Right next to ‘queries’ you will see a tab for “pages.” This tab helps you see what keywords a specific page ranked for. Once you click on the desired page, click on queries to see the keywords that that specific page shows up for in search.
You can also check which country the searcher is from and the device they used to access your site. The tabs for these are next to “pages” on the menu.
To make the most of it, you should use Google Search Console together with a content optimization software. Then, using the data you collect from both tools, you will easily determine what needs to improve so you can rank higher on Google SERPs. ZenBrief makes it really easy as it comes with a Google Search Console integration in all plans.
For instance, let’s assume the keyword “best acoustic guitars” is getting tons of traffic, but it’s not performing well in the SERPs.
Through the integration of Google Search Console in ZenBrief, you can easily see what needs to be done for you to get more organic traffic from Google. Your website already ranks for queries that show up on Google Search Console. For each of those queries, ZenBrief gives you a Content Score and a Word Count, and compares it to your competition. It also provides the number of internal link opportunities that you may have missed.

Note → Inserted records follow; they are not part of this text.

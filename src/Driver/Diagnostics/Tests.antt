-- ===== src/Driver/Diagnostics/Tests.antt =====
-- A wrapper that keeps the level, the id and the values of a message, and a master without slaves in two cycles.
use soem_driver_ros.Base.{
  ℕ, ltb, ◌||◌, ◌≡◌, refl, inl, Bool, true, false, if◌then◌else◌, List, [], ◌∷◌, ◌++◌, none, some,
  Text, codes, arith,
}
use soem_driver_ros.Master.Mailboxes.{Wkc}
use soem_driver_ros.Master.Cycle.{running, MasterStatus, Master, CycleInput, cycles}
use soem_driver_ros.Driver.Diagnostics.{StatusWrapper, slave_diagnostics, publish}
use soem_driver_ros.Driver.Diagnostics.Published.{
  Lawful, failed, level_of, reported, cycles-published,
}

abbrev Message : Type 0
Message = ℕ × Text × List (Text × Text)

-- A number is printed as one character.
abbrev wrapper : StatusWrapper
wrapper = record {
  Message = Message;
  ok = 0;
  warn = 1;
  error = 2;
  builder = (0, [], []);
  level = λ (l, h, v). l;
  hardware_id = λ (l, h, v). h;
  values = λ (l, h, v). v;
  printed = λ n. n ∷ [];
  set_name = λ t m. m;
  set_hardware_id = λ t (l, h, v). (l, t, v);
  summary = λ l' t (l, h, v). (l', h, v);
  merge_summary = λ l' t (l, h, v). (if ltb l l' then l' else l, h, v);
  add_text = λ k t (l, h, v). (l, h, v ++ (k, t) ∷ []);
  add_count = λ k n (l, h, v). (l, h, v ++ (k, n ∷ []) ∷ []);
}

wrapper-Lawful : Lawful wrapper
wrapper-Lawful = record {
  values-builder = refl;
  values-set_name = λ t m. refl;
  values-set_hardware_id = λ t m. refl;
  values-summary = λ l t m. refl;
  values-merge_summary = λ l t m. refl;
  values-add_text = λ k t m. refl;
  values-add_count = λ k n m. refl;
  hardware_id-set_hardware_id = λ t m. refl;
  ok_below = omega arith;
  warn_below = omega arith;
  level-summary = λ l t m. refl;
  level-merge_summary = λ l t m. refl;
  level-add_text = λ k t m. refl;
  level-add_count = λ k n m. refl;
  level-set_hardware_id = λ t m. refl;
}

abbrev status : MasterStatus
status = record {
  error_count = 0;
  rx_error_count = 0;
  tx_error_count = 0;
  rx_error_count_consecutive = 0;
  tx_error_count_consecutive = 0;
  other_ec_error_count_consecutive = 0;
  missed_cycle_deadline_count = 0;
  cycle_count = 0;
  state = running;
}

abbrev master : Master
master = record {
  rx_pdo_working = [];
  rx_pdo_iomap = [];
  rx_pdo_transfer = false;
  tx_pdo_working = [];
  tx_pdo_iomap = [];
  tx_pdo_transfer = false;
  slaves_data_access = [];
  status = status;
  cycle_counter = 0;
  status_queue = none;
}

abbrev input : Bool → CycleInput
input sent = record {
  sent = sent;
  received = true;
  inputs = [];
  answers = λ k. record { accepted = false; wkc = Wkc.none_received; content = [] };
  is_error = false;
  popped = 0;
  late = true;
}

-- The first cycle fails; the second does not.
recovered : (m : Master) × (cycles (input false ∷ input true ∷ []) master ≡ some m)
unfolding cycles
recovered = (_, refl)

cycles-published_example :
    (d : wrapper.Message) × ((publish wrapper (codes "eth0") (none ∷ []) recovered.0).0
      ≡ d ∷ slave_diagnostics wrapper (none ∷ []))
    × (wrapper.hardware_id d ≡ codes "eth0")
    × (wrapper.values d ≡ reported wrapper (input false) 0 status)
    × (wrapper.level d ≡ level_of wrapper (failed (input false)) (true || ltb 0 0))
cycles-published_example =
    cycles-published wrapper wrapper-Lawful (input false) (input true ∷ []) master recovered.0
      (codes "eth0") (none ∷ []) refl (omega arith, omega arith, omega arith, omega arith)
      (omega arith, omega arith, omega arith, omega arith, inl refl) recovered.1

For example, if you see that your Content Score is lower than the recommended one, you know that you have to improve the quality of your content to rank higher. ZenBrief will tell you which other keywords your competition is using, which sections your competitors cover that you haven’t included and whether you should increase the number of words.
2. Improve your ranking for certain keywords
For each keyword, Google Search Console tells you your position on search results pages. This data is beneficial because you see where you rank, and thus, monitor how your ranking changes when you adjust a few things on your pages.

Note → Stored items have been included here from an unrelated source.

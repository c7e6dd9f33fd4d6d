-- ===== src/Driver/Export.antt =====
-- SOEMDriver::export_state_interfaces and export_command_interfaces (soem_driver.cpp). The interfaces of
-- a joint with a transmission are exported under the name of the transmission's joint, each with an
-- element of transmission_state_values or transmission_command_values of its own. A call of the
-- configure method of a transmission is kept with the handles that it is given.
pub mod Slots
pub mod Mapped
mod Tests
use soem_driver_ros.Base.{
  ◌>>=◌, ◌&&◌, Bool, true, ℕ, suc, ◌+◌, ◌*◌, List, [], ◌∷◌, ◌++◌, Option, none, some, length, map,
  Text, codes, Dict, lookup, assign, is_some, if◌then◌else◌,
}
use soem_driver_ros.Slave.{Handle}
use soem_driver_ros.Claims.Resolve.{EcClaimsResolver, make_interface}
use soem_driver_ros.Claims.Export.{
  export_state_interfaces_by_joint, export_command_interfaces_by_joint,
}

-- joints[0].name and actuators[0].name of a TransmissionInfo, with whether the pointers to the two
-- transmissions that are kept with it are not null.
pub record TransmissionInfo : Type 0 where
  pub joint_name : Text
  pub actuator_name : Text
  pub state_loaded : Bool
  pub command_loaded : Bool

-- configure(joint handles, actuator handles) of a transmission
pub record ConfigureCall : Type 0 where
  pub transmission : TransmissionInfo
  pub joint_handles : List Handle
  pub actuator_handles : List Handle

-- The exported interfaces, the distance of the iterator over the values from their begin, and the
-- calls of configure.
pub record Exports : Type 0 where
  pub interfaces : List Handle
  pub iterator : ℕ
  pub configured : List ConfigureCall

abbrev pub no_exports : Exports
no_exports = record { interfaces = []; iterator = 0; configured = [] }

-- The interfaces that stand for those of a joint, for values at an address.
unfoldable pub proxies : ℕ → TransmissionInfo → ℕ → List Handle → List Handle
proxies values info iterator [] = []
proxies values info iterator (interface ∷ interfaces) =
    record {
      prefix_name = info.joint_name;
      interface_name = interface.interface_name;
      value_ptr = values + 8 * iterator;
    }
    ∷ proxies values info (suc iterator) interfaces

-- Interfaces under another prefix.
abbrev pub aliases : Text → List Handle → List Handle
aliases prefix_name = map (λ h. make_interface h prefix_name h.interface_name)

-- transmission_command_interface_map[joint + "/" + interface] = interface.get_name()
unfoldable pub map_proxies :
    (Handle → Text) → TransmissionInfo → List Handle → Dict Text → Dict Text
map_proxies get_name info [] m = m
map_proxies get_name info (interface ∷ interfaces) m =
    map_proxies get_name info interfaces
      (assign (info.joint_name ++ (codes "/" ++ interface.interface_name)) (get_name interface) m)

module _ (transmissions : Dict TransmissionInfo) where
  -- transmission_values_count
  unfoldable pub values_count : Dict (List Handle) → ℕ
  values_count [] = 0
  values_count ((name, interfaces) ∷ joints) =
      (if is_some (lookup name transmissions) then length interfaces else 0) + values_count joints

  -- The body of the loop over the joints.
  unfoldable pub export_joint : ℕ → Text → List Handle → Exports → Exports
  unfolding proxies make_interface
  export_joint values name interfaces e = elim (lookup name transmissions) [
    | none ↦ record e { interfaces = e.interfaces ++ aliases name interfaces }
    | some info ↦
        (let exported = proxies values info e.iterator interfaces in
          record {
            interfaces = e.interfaces ++ exported;
            iterator = e.iterator + length interfaces;
            configured =
                e.configured
                ++ record {
                  transmission = info;
                  joint_handles = aliases info.joint_name exported;
                  actuator_handles = aliases info.actuator_name interfaces;
                }
                  ∷ [];
          })
  ]

  unfoldable pub export_joints : ℕ → Dict (List Handle) → Exports → Exports
  unfolding export_joint
  export_joints values [] e = e
  export_joints values ((name, interfaces) ∷ joints) e =
      export_joints values joints (export_joint values name interfaces e)

  -- The entries that the loop makes in transmission_command_interface_map.
  unfoldable pub map_joints : (Handle → Text) → Dict (List Handle) → Dict Text → Dict Text
  unfolding map_proxies
  map_joints get_name [] m = m
  map_joints get_name ((name, interfaces) ∷ joints) m = elim (lookup name transmissions) [
    | none ↦ map_joints get_name joints m
    | some info ↦ map_joints get_name joints (map_proxies get_name info interfaces m)
  ]

  -- Each call of configure is on a pointer that is not null.
  unfoldable pub all_loaded : (TransmissionInfo → Bool) → Dict (List Handle) → Bool
  all_loaded is_loaded [] = true
  all_loaded is_loaded ((name, interfaces) ∷ joints) = elim (lookup name transmissions) [
    | none ↦ all_loaded is_loaded joints
    | some info ↦ is_loaded info && all_loaded is_loaded joints
  ]

  -- The number of values, and what is exported for values at an address; `none` is that of the resolver,
  -- or the use of a null pointer.
  unfoldable pub export_state_interfaces :
      {S : Type 0} → ℕ → EcClaimsResolver S → Option (ℕ × Exports)
  unfolding values_count export_joints all_loaded
  export_state_interfaces values claims_resolver = do
    joints ← export_state_interfaces_by_joint claims_resolver
    if all_loaded (λ info. info.state_loaded) joints
        then some (values_count joints, export_joints values joints no_exports)
        else none

  unfoldable pub export_command_interfaces :
      {S : Type 0}
      → (Handle → Text)
      → ℕ
      → EcClaimsResolver S
      → Dict Text
      → Option (ℕ × Exports × Dict Text × EcClaimsResolver S)
  unfolding values_count export_joints map_joints all_loaded
  export_command_interfaces get_name values claims_resolver m = do
    found ← export_command_interfaces_by_joint get_name claims_resolver
    if all_loaded (λ info. info.command_loaded) found.0
        then some (
          values_count found.0,
          export_joints values found.0 no_exports,
          map_joints get_name found.0 m,
          found.1,
        )
        else none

Let’s say your website ranks 70 for the query “best SEO tips”. Using ZenBrief’s AI content optimization together with Google Search Console information, you can improve your content’s relevance and depth for that query. Content depth, or the lack thereof, may be one of the reasons your website isn’t getting much traffic.

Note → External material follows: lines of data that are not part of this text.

-- ===== src/Driver/Modes.antt =====
-- SOEMDriver::prepare_command_mode_switch and perform_command_mode_switch (soem_driver.cpp): joint
-- interfaces behind a transmission are mapped to those of its actuator.
pub mod Phases
use soem_driver_ros.Base.{List, map, Option, none, some, Text, Dict, lookup}
use soem_driver_ros.Slave.{ReturnType, SlaveOps}
use soem_driver_ros.Claims.Resolve.{EcClaimsResolver}
use soem_driver_ros.Claims.Switch

unfoldable pub map_interface : Dict Text → Text → Text
map_interface transmission_command_interface_map interface =
    elim (lookup interface transmission_command_interface_map) [
      | none ↦ interface
      | some mapped ↦ mapped
    ]

module _ {S : Type 0} (ops : SlaveOps S) (transmission_command_interface_map : Dict Text) where
  unfoldable pub prepare_command_mode_switch :
      List Text → List Text → EcClaimsResolver S → ReturnType × EcClaimsResolver S
  unfolding map_interface
  prepare_command_mode_switch start_interfaces stop_interfaces claims_resolver =
      Switch.prepare_command_mode_switch ops
        (map (map_interface transmission_command_interface_map) start_interfaces)
        (map (map_interface transmission_command_interface_map) stop_interfaces) claims_resolver

  unfoldable pub perform_command_mode_switch :
      List Text → List Text → EcClaimsResolver S → ReturnType × EcClaimsResolver S
  unfolding map_interface
  perform_command_mode_switch start_interfaces stop_interfaces claims_resolver =
      Switch.perform_command_mode_switch ops
        (map (map_interface transmission_command_interface_map) start_interfaces)
        (map (map_interface transmission_command_interface_map) stop_interfaces) claims_resolver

Once you are done with the content optimization, you can submit the site for indexing by using the inspection tool – we’ll talk about this later on in this article. After a few days or weeks, you will see your site’s new position on Google Search Console and receive data that will help you determine what else you can do to keep improving the ranking.
This alone can tremendously improve your position and increase your traffic and sales.
Note that the incremental benefit of improving the position of your page on search results, is not linear. For example, there’s a much higher impact in getting your site moving from position 11 to position 9, then from position 31 to position 29. This is because search results get exponentially more clicks the closer you get to page 1’s top search results.
Finally, if you want your page to get to position 0 on Google, you’d better focus your optimization efforts on pages that are already ranking within the top 10 search results.
3. Improve your SEO strategy
Most people don’t take a keen look at the country’s tab, but the information found here can help you adjust your SEO strategy. The search queries getting the most traffic will come from different countries. This means it’s possible to rank for search queries in a country that doesn’t help increase your sales.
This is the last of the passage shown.